> **YOUR TASK**:
All entries must be set down once more, precisely as given.

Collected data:
[Start of section]

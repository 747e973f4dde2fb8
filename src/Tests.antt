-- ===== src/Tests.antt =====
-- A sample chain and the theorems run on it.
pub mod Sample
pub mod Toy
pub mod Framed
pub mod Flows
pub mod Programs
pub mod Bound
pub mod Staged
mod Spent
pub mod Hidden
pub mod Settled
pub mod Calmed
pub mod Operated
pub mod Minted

[End of section]

> **EXERCISE ANSWER**:
repository 747e973f4dde2fb8
filename src/Tests.antt
-- ===== src/Tests.antt =====
-- A sample chain and the theorems run on it.
pub mod Sample
pub mod Toy
pub mod Framed
pub mod Flows
pub mod Programs
pub mod Bound
pub mod Staged
mod Spent
pub mod Hidden
pub mod Settled
pub mod Calmed
pub mod Operated
pub mod Minted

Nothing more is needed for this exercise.